Covid-19 : pourquoi les marchés d’animaux sauvages sont des viviers à virus
Une étude américaine explique comment les virus se propagent dans le commerce d'animaux du monde entier. Elle pointe notamment du doigt les chiens viverrins et civettes de Wuhan responsables du Covid-19.
Une nouvelle étude publiée par la revue américaine Cell fait l’effet d‘un coup de tonnerre dans le monde scientifique. Elle situe l'origine de la pandémie de COVID-19 à Wuhan, au marché de Huanan, et évoque l’implication de plusieurs animaux sauvages - chiens viverrins, civettes, rats du bambou – comme hôtes intermédiaires et vecteurs de la maladie avant une transmission à l’humain.
"Le SARS-CoV-2 n’était pas le seul virus à potentiel zoonotique présent sur le marché à la fin de 2019", rapporte Florence Débarre, l’une des auteurs de l’étude, au Parisien. L’équipe de chercheurs, qui a étudié l’ADN de ces animaux positifs au Covid19 et les a comparés à ceux d’autres marchés d’animaux, a notamment retrouvé la grippe aviaire H9N2, mais aussi des coronavirus canins ou du hérisson.
Des marchés qui aggravent le risque de propagation des virus
"On sait depuis très longtemps que la vente d’animaux vivants sur des marchés représente un risque très important (…) de contaminer l’homme", ajoute le directeur de recherche et virologue Étienne Decroly. Lorsque plusieurs espèces différentes sont vendues au même droit, le risque est accru, car le nombre de potentiels hôtes intermédiaires augmente.
Dans ces marchés, où l’on achète de la viande fraîchement abattue mais où l’insalubrité est parfois au rendez-vous, "la promiscuité étroite entre des personnes et différents animaux stressés, affaiblis, parfois même malades, offre des conditions idéales pour les virus souvent très adaptables" rappelait le site de la WWF en 2020.

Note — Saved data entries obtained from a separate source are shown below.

-- ===== src/Inverse.antt =====
-- lib/inverse.c: the table that gives for each cluster the reference of which it is the target.
pub mod Slots
pub mod Moves
pub mod Filled
pub mod Stores
pub mod Renamed
pub mod Kept
pub mod Moved
pub mod Wanted
pub mod Swapped
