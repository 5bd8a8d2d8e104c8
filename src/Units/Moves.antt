-- ===== src/Units/Moves.antt =====
-- What the cache holds after `fatunitmove` and `fatunitswap`.
use libllfat.Prelude.{
  ℕ, ◌≡◌, ◌≢◌, ◌∙◌, refl, arith, true, false, ◌==◌, if◌then◌else◌, none, some, List, Option-cases,
  inl, inr,
}
use libllfat.Units.Block.{FatUnit, mark_dirty}
use libllfat.Units.Host.{Host}
use libllfat.Units.Io.{SimulatedError}
use libllfat.Units.Cache

module _ (h : Host) (errors : List SimulatedError) where
  -- A detached number has no unit.
  detach_lem :
      (cache : h.Tree) (n k : ℕ)
      → h.tfind k (Cache.detach h errors cache n).0 ≡ (if n == k then none else h.tfind k cache)
  unfolding Cache.detach
  detach_lem cache n k = elim (Option-cases (h.tfind n cache)) [
    | inl e ↦ ground (arith, e)
    | inr (u, e) ↦ rw (e, Cache.detach) (h.tfind-tdelete n cache k)
  ]

  -- What enters under a free number, or replaces a unit, is found, and marked dirty.
  insert_lem :
      (cache : h.Tree) (u : FatUnit) (k : ℕ)
      → h.tfind u.n cache ≡ none
      → h.tfind k (Cache.insert h errors cache u false).0
        ≡ (if u.n == k then some (mark_dirty u) else h.tfind k cache)
  unfolding Cache.insert
  insert_lem cache u k e = rw (e, Cache.insert) (h.tfind-put (mark_dirty u) cache k)

  replace_lem :
      (cache : h.Tree) (u : FatUnit) (k : ℕ)
      → h.tfind k (Cache.insert h errors cache u true).0
        ≡ (if u.n == k then some (mark_dirty u) else h.tfind k cache)
  unfolding Cache.insert
  replace_lem cache u k = elim (Option-cases (h.tfind u.n cache)) [
    | inl e ↦ rw (e, Cache.insert) (h.tfind-put (mark_dirty u) cache k)
    | inr (w, e) ↦ rw (e, Cache.insert) (h.tfind-put (mark_dirty u) cache k)
  ]

  -- After `fatunitmove` the unit is found under its new number, marked dirty, and no unit under its old
  -- number, unless that is the new one; all others are as they were.
  pub move-tfind :
      (cache : h.Tree) (u : FatUnit) (dest k : ℕ)
      → (h.tfind k (Cache.move h errors cache u dest).0 ≡ (
          if dest == k
          then some (mark_dirty (record u { n = dest }))
          else if u.n == k
          then none
          else h.tfind k cache))
        × ((Cache.move h errors cache u dest).1 ≡ mark_dirty (record u { n = dest }))
  unfolding Cache.move
  move-tfind cache u dest k = (
    replace_lem (Cache.detach h errors cache u.n).0 (record u { n = dest }) k
        ∙ rw (detach_lem cache u.n k) refl,
    refl,
  )

  -- After `fatunitswap` of two units each is found under the number of the other, marked dirty; all
  -- others are as they were.
  pub swap-tfind :
      (cache : h.Tree) (u w : FatUnit) (k : ℕ)
      → u.n ≢ w.n
      → h.tfind k (Cache.swap h errors cache u w) ≡ (
          if w.n == k
          then some (mark_dirty (record u { n = w.n }))
          else if u.n == k
          then some (mark_dirty (record w { n = u.n }))
          else h.tfind k cache)
  unfolding Cache.swap
  swap-tfind cache u w k ne =
      let c₁ = (Cache.detach h errors cache u.n).0 in
      let bare = (Cache.detach h errors c₁ w.n).0 in
      let empty_w : h.tfind w.n bare ≡ none = ground (arith, detach_lem c₁ w.n w.n) in
      let c₂ = (Cache.insert h errors bare (record u { n = w.n }) false).0 in
      let empty_u : h.tfind u.n c₂ ≡ none = ground (
        arith,
        insert_lem bare (record u { n = w.n }) u.n empty_w,
        detach_lem c₁ w.n u.n,
        detach_lem cache u.n u.n,
      ) in
      ground (
        arith,
        insert_lem c₂ (record w { n = u.n }) k empty_u,
        insert_lem bare (record u { n = w.n }) k empty_w,
        detach_lem c₁ w.n k,
        detach_lem cache u.n k,
      )
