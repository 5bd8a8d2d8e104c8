-- ===== src/Reference/Moved.antt =====
-- `fatclustermove` on a reference of a cluster, with the cluster in the cache.
use libllfat.Prelude.{
  ℕ, ◌+◌, ◌≡◌, ◌≢◌, ◌≤◌, ◌∙◌, refl, ap, sym, arith, false, ◌==◌, ltb, if◌then◌else◌, none, some,
  List,
}
use libllfat.Prelude.Int.{ℤ, pos}
use libllfat.Units.{mark_dirty}
use libllfat.Units.Host.{Host}
use libllfat.Units.Io.{SimulatedError}
use libllfat.Units.Cache
use libllfat.Units.Moves.{move-tfind}
use libllfat.Fs.State.{Fat, ◌>>=◌}
use libllfat.Table.Place.{Layout}
use libllfat.Table.Next.{fat_unused, get_next_cluster}
use libllfat.Table.Chains.{IsNext}
use libllfat.Table.Succ.{Represents}
use libllfat.Table.Frame.{with_clusters, Represents-frame, Represents-ext}
use libllfat.Reference.Target.{chain, get_target}
use libllfat.Reference.Move.{relink, move_unit, cluster_move}
use libllfat.Reference.Renames.{renamed, IsHeld, cluster_read_lem, relink_lem, moved-renamed}

-- `p` alone points to `c`, and nothing points to `t`, which is free. `c` is no end of a cycle of one.
pub record IsMovable (last : ℕ) (v : ℕ → ℤ) (p c t : ℕ) : Type 0 where
  pub p_lo : 2 ≤ p
  pub p_hi : p ≤ last
  pub c_lo : 2 ≤ c
  pub c_hi : c ≤ last
  pub t_lo : 2 ≤ t
  pub t_hi : t ≤ last
  pub at : v p ≡ pos c
  pub free : v t ≡ fat_unused
  pub in_use : v c ≢ fat_unused
  pub next_is : IsNext last (v c)
  pub alone : (m : ℕ) → 2 ≤ m → m ≤ last → m ≢ p → v m ≢ pos c
  pub unreferred : (m : ℕ) → 2 ≤ m → m ≤ last → v m ≢ pos t
  pub straight : p ≢ c

pub target_lem :
    {h : Host} (errors : List SimulatedError) (f : Fat h) (p : ℕ)
    → 2 ≤ p
    → get_target errors (chain (pos p)) f ≡ get_next_cluster errors (pos p) f
unfolding get_target
target_lem errors f p lo = let regular : ltb (p + 0) 2 ≡ false = ground arith in rw regular refl

pub held-n : {h : Host} {f : Fat h} {c : ℕ} (held : IsHeld f c) → held.u.n ≡ c
held-n {h} {f} {c} held = h.tfind-n c f.clusters held.u held.found

module _ {h : Host} (errors : List SimulatedError) (l : Layout) (nfat last : ℕ) (v : ℕ → ℤ)
    (f : Fat h) (r : Represents errors l nfat last v f) (p c t : ℕ) (ok : IsMovable last v p c t)
    (held : IsHeld f c) where
  differ : t ≢ c
  differ e = ok.in_use (rw (← e) ok.free)

  -- The caches after the move of the unit.
  abbrev mid : Fat h
  mid = with_clusters f (Cache.move h errors f.clusters held.u t).0 f.disk

  run_to_relink :
      cluster_move errors (chain (pos p)) t false f ≡ relink errors (chain (pos p)) t c (v c) mid
  unfolding cluster_move move_unit
  run_to_relink =
      let target : get_target errors (chain (pos p)) f ≡ some (pos c, f) =
        target_lem errors f p ok.p_lo ∙ r.reads p ok.p_lo ok.p_hi ∙ ap (λ w. some (w, f)) ok.at in
      let free : get_next_cluster errors (pos t) f ≡ some (fat_unused, f) =
        r.reads t ok.t_lo ok.t_hi ∙ ap (λ w. some (w, f)) ok.free in
      let regular : ltb (c + 0) 2 ≡ false = ground (arith, ok.c_lo) in
      rw
        (
          target,
          ◌>>=◌,
          regular,
          r.reads c ok.c_lo ok.c_hi,
          ◌>>=◌,
          free,
          ◌>>=◌,
          cluster_read_lem errors f c held,
          ◌>>=◌,
        )
        refl

  -- On a table whose sectors are cached, fatclustermove of a cached cluster c in use, whose
  -- reference is another cluster p and to which no other cluster refers, to a free cluster t to
  -- which none refers, without writing back, succeeds and exchanges the two in the table: p points
  -- to t, t to what c pointed to, and c is free. The unit of c is then that of t, with its data,
  -- and dirty; all other cached clusters are as they were.
  pub cluster_move-renamed :
      (f' : Fat h) × (cluster_move errors (chain (pos p)) t false f ≡ some (pos 0, f'))
      × Represents errors l nfat last (renamed c t v) f'
      × ((k : ℕ)
          → h.tfind k f'.clusters ≡ (
              if t == k
              then some (mark_dirty (record held.u { n = t }))
              else if c == k
              then none
              else h.tfind k f.clusters))
  cluster_move-renamed =
      let mid_r = Represents-frame errors l nfat last v f r mid.clusters f.disk in
      let (f', run, r', rest) =
        relink_lem errors l nfat last v mid mid_r p c t ok.p_lo ok.p_hi ok.t_lo ok.t_hi ok.c_lo
          ok.c_hi differ ok.next_is in
      (
        f',
        run_to_relink ∙ run,
        Represents-ext errors l nfat last _ f' r' (renamed c t v) (λ m lo hi.
            moved-renamed errors l nfat last v mid mid_r p c t ok.p_lo ok.p_hi ok.t_lo ok.t_hi
              ok.c_lo ok.c_hi differ ok.next_is m ok.at ok.free ok.straight (ok.alone m lo hi)
              (ok.unreferred m lo hi) (ok.unreferred c ok.c_lo ok.c_hi)
              (ok.alone c ok.c_lo ok.c_hi (λ e. ok.straight (sym e)))),
        λ k.
            ap (λ (g : Fat h). h.tfind k g.clusters) rest
            ∙ (move-tfind h errors f.clusters held.u t k).0
            ∙ rw (held-n held) refl,
      )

Autant de critères qui favorisent la transmission à l’homme. "Le problème avec la vente d’animaux sauvages capturés dans la nature, c’est que leur mise en vente légale ou illégale est effectuée sans contrôle médical préalable", ajoute le site de la WWF.
Capturés dans la nature et victimes d’une réduction drastique de leur habitat, certains animaux découvrent également la promiscuité avec l’homme pour la première fois. Les agents pathogènes peuvent alors facilement apparaître. La Suède, par exemple, a connu avec le déclin des cerfs une forte augmentation du nombre de tiques porteuses de méningite en 2023.
Un business très juteux en Asie de l’Est
Malgré le dur bilan du passé (et les 800 morts et 8000 cas de Sras déjà connus en 2003, en grande partie par la Chine), les marchés d’animaux sauvages (aussi appelés "wetmarkets") restent monnaie courante en Amérique latine et en Asie de l’est : Vietnam, Hong Kong, Thaïlande, Japon….
En 2020, la Chine s’est engagée, en pleine épidémie de Covid-19, à interdire la consommation et le commerce de certains animaux sauvages terrestres comme les pangolins et les civettes, s’ils ne sont pas issus de fermes d’élevage. Mais stopper une industrie qui rapporte, selon l’Académie chinoise de l’industrie, près de 100 milliards d’euros par an et fait vivre 14 millions de personnes n’est pas chose aisée. Et le trafic d’animaux sauvages est loin d’avoir disparu. Temporairement fermé en 2020, le marché de Huanan a vite été réouvert, comme les autres "wetmarkets" chinois.
Aux États-Unis, ce sont les marchés aux poulets vivants qui font craindre les infections, la grippe aviaire en tête. Selon le New York Times, New York regroupe environ 70 sites de vente d’animaux vivants (poulets, moutons, porcs…etc), parfois situés près d’écoles. Tous sont censés effectuer des contrôles et désinfections plusieurs fois par an.
Dans le Nord-Est des États-Unis, "environ 25 millions d'oiseaux sont vendus sur des marchés vivants chaque année (…)" déclare Ann Linder, directrice associée du programme de droit et de politique animale à Harvard. "Nous utilisons et consommons des animaux ici à des niveaux plus élevés que dans presque tous les autres pays du monde", a-t-elle déclaré.